Anyhow, I'm still wondering how I will get to work tomorrow. I can't shovel the snow because it would throw off my back for sure, and I can't find anyone to do it. Then again, it would be the lamest excuse in the world to work from home the day AFTER a snowstorm.

I miss my SUV. I used to plow through massive amounts of snow with that thing. The civic is NOT my thing. :(

A Day Without a Cellphone

Last Thursday, as I rushed out of the office to pick up the children, I forgot my blackberry on my desk. This may not seem like a big deal to the average Joe, but trust me when I say that I felt totally paralyzed for the next 16 hours.

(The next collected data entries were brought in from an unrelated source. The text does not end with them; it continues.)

module _ {K : Type 0} {V : Type 0} ⦃e : Eq K⦄ (hashmap_key : V → K) where
  -- The calls in order, with what they return: the value that the key had, and the evicted one.
  unfoldable pub run :
      List (Op K V) → EvictionMap K V → Outcome (List (Option V × Option V) × EvictionMap K V)
  run [] m = ok ([], m)
  run (refresh key ∷ ops) m = do
    (found, m1) ← get_refresh m key
    (rest, m2) ← run ops m1
    ok ((found, none) ∷ rest, m2)
  run (store v ∷ ops) m = do
    (answer, m1) ← insert hashmap_key m (hashmap_key v) v
    (rest, m2) ← run ops m1
    ok (answer ∷ rest, m2)

  -- The specification: the values, the least recently used one first.
  abbrev pub lookup : List V → K → Option V
  lookup [] key = none
  lookup (v ∷ vs) key = if e.beq (hashmap_key v) key then some v else lookup vs key

  abbrev pub others : List V → K → List V
  others [] key = []
  others (v ∷ vs) key = if e.beq (hashmap_key v) key then others vs key else v ∷ others vs key

  abbrev pub used : List V → K → List V
  used vs key = elim (lookup vs key) [ none ↦ vs | some v ↦ others vs key ++ v ∷ [] ]

  abbrev pub stored : List V → V → List V
  stored vs v = others vs (hashmap_key v) ++ v ∷ []

  -- The same calls on the specification.
  unfoldable pub replay : List (Op K V) → List V → List (Option V × Option V) × List V
  replay [] vs = ([], vs)
  replay (refresh key ∷ ops) vs =
      let rest = replay ops (used vs key) in ((lookup vs key, none) ∷ rest.0, rest.1)
  replay (store v ∷ ops) vs =
      let rest = replay ops (stored vs v) in ((lookup vs (hashmap_key v), none) ∷ rest.0, rest.1)

  -- No call has more values than the capacity.
  abbrev pub Fits : ℕ → List (Op K V) → List V → Type 0
  Fits capacity [] vs = Unit
  Fits capacity (refresh key ∷ ops) vs = Fits capacity ops (used vs key)
  Fits capacity (store v ∷ ops) vs =
      (length (stored vs v) ≤ capacity) × Fits capacity ops (stored vs v)

  abbrev pub values : Cells V → List V
  values [] = []
  values (c ∷ xs) = c.1 ∷ values xs

  -- The map holds these values.
  pub record Holds (m : EvictionMap K V) (vs : List V) : Type 0 where
    pub cells : Cells V
    pub free : List ℕ
    pub indexes : Indexes hashmap_key m cells free
    pub values_cells : values cells ≡ vs

  pub lookup-values :
      (xs : Cells V) (key : K) → value_of hashmap_key xs key ≡ lookup (values xs) key
  lookup-values [] key = refl
  lookup-values (c ∷ xs) key = split (e.beq (hashmap_key c.1) key) (lookup-values xs key)
    where
      split :
          (b : Bool)
          → omap (λ (d : ℕ × V). d.1) (find hashmap_key xs key) ≡ lookup (values xs) key
          → omap (λ (d : ℕ × V). d.1) (if b then some c else find hashmap_key xs key)
            ≡ (if b then some c.1 else lookup (values xs) key)
      split true q = refl
      split false q = q

  values-append : (xs ys : Cells V) → values (xs ++ ys) ≡ values xs ++ values ys
  values-append [] ys = refl
  values-append (c ∷ xs) ys = ap (◌∷◌ c.1) (values-append xs ys)

  others-values :
      (xs : Cells V) (key : K) → values (without hashmap_key xs key) ≡ others (values xs) key
  others-values [] key = refl
  others-values (c ∷ xs) key = elim (Bool-cases (e.beq (hashmap_key c.1) key)) [
    | inl h ↦ rw h (others-values xs key)
    | inr h ↦ rw h (ap (◌∷◌ c.1) (others-values xs key))
  ]

  moved-values :
      (xs : Cells V) (key : K) (c : ℕ × V)
      → values (without hashmap_key xs key ++ c ∷ []) ≡ others (values xs) key ++ c.1 ∷ []
  moved-values xs key c =
      values-append (without hashmap_key xs key) (c ∷ [])
      ∙ ap (λ vs. vs ++ c.1 ∷ []) (others-values xs key)

  used-values :
      (xs : Cells V) (key : K) → values (refreshed_cells hashmap_key xs key) ≡ used (values xs) key
  unfolding refreshed_cells
  used-values xs key = split (find hashmap_key xs key) (lookup-values xs key)
    where
      split :
          (o : Option (ℕ × V))
          → omap (λ (d : ℕ × V). d.1) o ≡ lookup (values xs) key
          → values (elim o [ none ↦ xs | some c ↦ without hashmap_key xs key ++ c ∷ [] ])
            ≡ used (values xs) key
      split none q = rw (used, sym q) refl
      split (some c) q = rw (used, sym q) (moved-values xs key c)

  size-values : (xs : Cells V) → length (values xs) ≡ length xs
  size-values [] = refl
  size-values (c ∷ xs) = ap suc (size-values xs)

  pub record Grown (m m' : EvictionMap K V) : Type 0 where
    pub more : slots m'.linkedlist ≤ slots m.linkedlist + 1
    pub same : m'.capacity ≡ m.capacity

  grown :
      (m k m' : EvictionMap K V)
      → slots k.linkedlist ≤ slots m.linkedlist + 1
      → k.capacity ≡ m.capacity
      → k ≡ m'
      → Grown m m'
  grown m k m' more same q = subst (λ n. Grown m n) q record { more = more; same = same }

  pub get_refresh-Grown :
      (m m' : EvictionMap K V) (key : K) (o : Option V)
      → get_refresh m key ≡ ok (o, m')
      → Grown m m'
  unfolding get_refresh
  get_refresh-Grown m m' key o h = elim (Option-cases (map_get m.hashmap key)) [
    | inl z ↦
        let q : Path (Outcome (Option V × EvictionMap K V)) (ok (none, m)) (ok (o, m')) =
          rw (get_refresh, z) at h in
        grown m m m' (omega arith) refl
          (ap (λ (c : Option V × EvictionMap K V). c.1) (ok-injective q))
    | inr (i, z) ↦
        let ((removed, l1), e1, q1) =
          bind-ok (list_remove m.linkedlist i) _ (o, m') (rw (get_refresh, z) at h) in
        let (v, e2, q2) = bind-ok (unwrap removed) _ (o, m') q1 in
        let ((j, l2), e3, q3) = bind-ok (push_back l1 v) _ (o, m') q2 in
        let (w, e4, q4) = bind-ok (index l2 j) _ (o, m') q3 in
        let m2 : EvictionMap K V = record m {
          hashmap = map_insert m.hashmap key j;
          linkedlist = l2;
        } in
        grown m m2 m'
          (omega (arith, remove-slots m.linkedlist l1 i removed e1, push_back-slots l1 l2 v j e3))
          refl (ap (λ (c : Option V × EvictionMap K V). c.1) (ok-injective q4))
  ]

  -- The end of `insert`, after the value was pushed.
  abbrev finish :
      EvictionMap K V
      → K
      → Option V
      → ℕ × ArrayLinkedList V
      → Outcome ((Option V × Option V) × EvictionMap K V)
  finish m key old (j, l2) =
      let hashmap = map_insert m.hashmap key j in
      if ltb m.capacity (list_len l2)
      then (pop_front l2 >>= (λ (r : Option V × ArrayLinkedList V). ok (
        (old, r.0),
        record m {
          hashmap = elim r.0 [ none ↦ hashmap | some x ↦ map_remove hashmap (hashmap_key x) ];
          linkedlist = r.1;
        },
      )))
      else ok ((old, none), record m { hashmap = hashmap; linkedlist = l2 })

  pub insert-Grown :
      (m m' : EvictionMap K V) (key : K) (v : V) (old : Option V)
      → insert hashmap_key m key v ≡ ok ((old, none), m')
      → Grown m m'
  unfolding insert
  insert-Grown m m' key v old h =
      let ((was, l1), e1, q1) =
        bind-ok
          (elim (map_get m.hashmap key) [
            | some idx ↦ list_remove m.linkedlist idx
            | none ↦ ok (none, m.linkedlist)
          ])
          (λ (r : Option V × ArrayLinkedList V). push_back r.1 v >>= finish m key r.0)
          ((old, none), m') h in
      let ((j, l2), e2, q2) = bind-ok (push_back l1 v) (finish m key was) ((old, none), m') q1 in
      let more : slots l2 ≤ slots m.linkedlist + 1 =
        omega (arith, taken (map_get m.hashmap key) e1, push_back-slots l1 l2 v j e2) in
      elim (Bool-cases (ltb m.capacity (list_len l2))) [
        | inl full ↦
            let ((evicted, l3), e3, q3) =
              bind-ok (pop_front l2) _ ((old, none), m') (rw full at q2) in
            grown m
              (record m {
                hashmap = elim evicted [
                  | none ↦ map_insert m.hashmap key j
                  | some x ↦ map_remove (map_insert m.hashmap key j) (hashmap_key x)
                ];
                linkedlist = l3;
              })
              m' (omega (arith, more, pop_front-slots l2 l3 evicted e3)) refl
              (ap (λ (c : (Option V × Option V) × EvictionMap K V). c.1) (ok-injective q3))
        | inr room ↦
            grown m (record m { hashmap = map_insert m.hashmap key j; linkedlist = l2 }) m' more
              refl
              (ap (λ (c : (Option V × Option V) × EvictionMap K V). c.1)
                (ok-injective (rw room at q2)))
      ]
    where
      taken :
          (o : Option ℕ) {was : Option V} {l1 : ArrayLinkedList V}
          → Path
              (Outcome (Option V × ArrayLinkedList V))
              (elim o [ some idx ↦ list_remove m.linkedlist idx | none ↦ ok (none, m.linkedlist) ])
              (ok (was, l1))
          → slots l1 ≡ slots m.linkedlist
      taken none q = ap (λ (c : Option V × ArrayLinkedList V). slots c.1) (sym (ok-injective q))
      taken (some i) {was} {l1} q = remove-slots m.linkedlist l1 i was q

  pub get-Holds :
      (m : EvictionMap K V) (vs : List V) (key : K) → Holds m vs → get m key ≡ ok (lookup vs key)
  get-Holds m vs key h =
      get-value_of hashmap_key m h.cells h.free key h.indexes
      ∙ ap ok (lookup-values h.cells key ∙ ap (λ ws. lookup ws key) h.values_cells)

  pub refresh-Holds :
      (m : EvictionMap K V) (vs : List V) (key : K)
      → Holds m vs
      → slots m.linkedlist + 1 < u32_size
      → (m' : EvictionMap K V) × (get_refresh m key ≡ ok (lookup vs key, m'))
        × Holds m' (used vs key)
  refresh-Holds m vs key h room =
      let (m', e, inv) = get_refresh-Indexes hashmap_key m h.cells h.free key h.indexes room in
      (
        m',
        e
            ∙ ap (λ o. ok (o, m'))
                (lookup-values h.cells key ∙ ap (λ ws. lookup ws key) h.values_cells),
        record {
          cells = refreshed_cells hashmap_key h.cells key;
          free = h.free;
          indexes = inv;
          values_cells = used-values h.cells key ∙ ap (λ ws. used ws key) h.values_cells;
        },
      )

  pub store-Holds :
      (m : EvictionMap K V) (vs : List V) (v : V)
      → Holds m vs
      → slots m.linkedlist + 1 < u32_size
      → length (stored vs v) ≤ m.capacity
      → (m' : EvictionMap K V) × (insert hashmap_key m (hashmap_key v) v
          ≡ ok ((lookup vs (hashmap_key v), none), m'))
        × Holds m' (stored vs v)
  store-Holds m vs v h room fits =
      let moved : (i : ℕ)
          → values (without hashmap_key h.cells (hashmap_key v) ++ (i, v) ∷ []) ≡ stored vs v =
        λ i. moved-values h.cells (hashmap_key v) (i, v) ∙ ap (λ ws. stored ws v) h.values_cells in
      let (m', i, free', e, inv) =
        insert-Indexes hashmap_key m h.cells h.free (hashmap_key v) v h.indexes refl room (
          omega (
            arith,
            fits,
            ap length (moved 0),
            size-values (without hashmap_key h.cells (hashmap_key v) ++ (0, v) ∷ []),
            length-append (without hashmap_key h.cells (hashmap_key v)) ((0, v) ∷ []),
          )) in
      (
        m',
        e
            ∙ ap (λ o. ok ((o, none), m'))
                (lookup-values h.cells (hashmap_key v)
                  ∙ ap (λ ws. lookup ws (hashmap_key v)) h.values_cells),
        record {
          cells = without hashmap_key h.cells (hashmap_key v) ++ (i, v) ∷ [];
          free = free';
          indexes = inv;
          values_cells = moved i;
        },
      )

  -- On a map that holds the values, with room for a slot below 2^32 for each call, any calls of
  -- `get_refresh` and `insert` that never hold more values than the capacity return what they return
  -- on the list of the values in the order of their last use, and leave a map that holds the list
  -- that they leave.
  pub run-replay :
      (ops : List (Op K V)) (m : EvictionMap K V) (vs : List V)
      → Holds m vs
      → slots m.linkedlist + length ops < u32_size
      → Fits m.capacity ops vs
      → (m' : EvictionMap K V) × (run ops m ≡ ok ((replay ops vs).0, m'))
        × Holds m' (replay ops vs).1
  unfolding run replay
  run-replay [] m vs h room fits = (m, refl, h)
  run-replay (refresh key ∷ ops) m vs h room fits =
      let (m1, e, h1) = refresh-Holds m vs key h (omega arith) in
      let g = get_refresh-Grown m m1 key (lookup vs key) e in
      let (m2, e2, h2) =
        run-replay ops m1 (used vs key) h1 (omega (arith, g.more))
          (subst (λ n. Fits n ops (used vs key)) (sym g.same) fits) in
      (m2, rw (e, e2) refl, h2)
  run-replay (store v ∷ ops) m vs h room fits =
      let (m1, e, h1) = store-Holds m vs v h (omega arith) fits.0 in
      let g = insert-Grown m m1 (hashmap_key v) v (lookup vs (hashmap_key v)) e in
      let (m2, e2, h2) =
        run-replay ops m1 (stored vs v) h1 (omega (arith, g.more))
          (subst (λ n. Fits n ops (stored vs v)) (sym g.same) fits.1) in
      (m2, rw (e, e2) refl, h2)

  with_capacity-slots :
      (capacity : ℕ)
      → capacity + 1 < u32_size
      → slots (with_capacity {K = K} {V = V} capacity).linkedlist ≡ capacity + 1
  unfolding with_capacity u32_add list_with_capacity fill_elements new
  with_capacity-slots capacity h =
      ap (λ n. slots (list_with_capacity {A = V} n)) (sum capacity h)
      ∙ rw (suc_pos capacity) (length-fill_from V (capacity + 1) 1)
    where
      sum : (c : ℕ) → c + 1 < u32_size → (c % u32_size + 1) % u32_size ≡ c + 1
      sum c b = omega arith

      suc_pos : (c : ℕ) → (c + 1 == 0) ≡ false
      suc_pos c = ground arith

  -- From a new map of a capacity, with room for a slot below 2^32 for each call, any calls of
  -- `get_refresh` and `insert` that never hold more values than the capacity return what they return
  -- on the list of the values in the order of their last use, least recent first, and leave a map in which `get`
  -- finds the values of the list that they leave, and no others.
  pub with_capacity-replay :
      (capacity : ℕ) (ops : List (Op K V))
      → capacity + length ops + 1 < u32_size
      → Fits capacity ops []
      → (m : EvictionMap K V) × (run ops (with_capacity capacity) ≡ ok ((replay ops []).0, m))
        × ((key : K) → get m key ≡ ok (lookup (replay ops []).1 key))
  unfolding with_capacity
  with_capacity-replay capacity ops room fits =
      let new_map : EvictionMap K V = with_capacity capacity in
      let (m, e, h) =
        run-replay ops new_map []
          record {
            cells = [];
            free = slots_from (capacity + 1) 1;
            indexes = with_capacity-Indexes hashmap_key capacity (omega arith);
            values_cells = refl;
          }
          (omega (arith, with_capacity-slots capacity (omega arith))) fits in
      (m, e, λ key. get-Holds m (replay ops []).1 key h)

I have had a cellphone since maybe 1992 or something. I've always had one on me. I don't think I've used a payphone since then. My calendar, my email, my contact list is all in that device. I am lost, stupid and unreachable without it.

So, driving home through the snow, I was horrified when I realized I didn't have it with me. I knew I had an appointment on my way home, roughly knew the time, but wasn't sure. What I was doing after that, I couldn't remember.

The snow slowed me down. I was running late. I didn't have a phone with which I could call to let them know. I didn't have the number either. Eventually I found a payphone (trust me, they are hard to come by), and of course, I don't carry money. I am the debit card freak. I use it for a pack of gum. So, I ruffled around for change and found a quarter. Only to realize payphones now cost fifty cents (when did that happen??). This one didn't take a credit card. I had to find some change to call my appointment, and luckily I knew the number by memory. I then found a loonie, called my mom and asked her to get the kids.

When I finally made it to my mom's place by 6:45, my daughter informed me that she had her winter concert that night, at 7pm, and that she had to wear a black dress. We rushed home, changed her, and got her to the concert. They rushed her onto stage just as the first song was starting. Thank God we made it.

When I got home, I had frantic voicemails from Mr. NYC who was freaking out because it is unheard of for me not to be accessible by cellphone, and he knew about the bad weather in Toronto. Naturally, he was afraid that I had an accident or something, because I didn't call him (I usually call him every day as I leave the office), and I wasn't picking up my phone or responding to his text messages.

The next day, I almost missed my conference call as I didn't have the number, and don't know my colleagues' numbers by memory. I was totally lost.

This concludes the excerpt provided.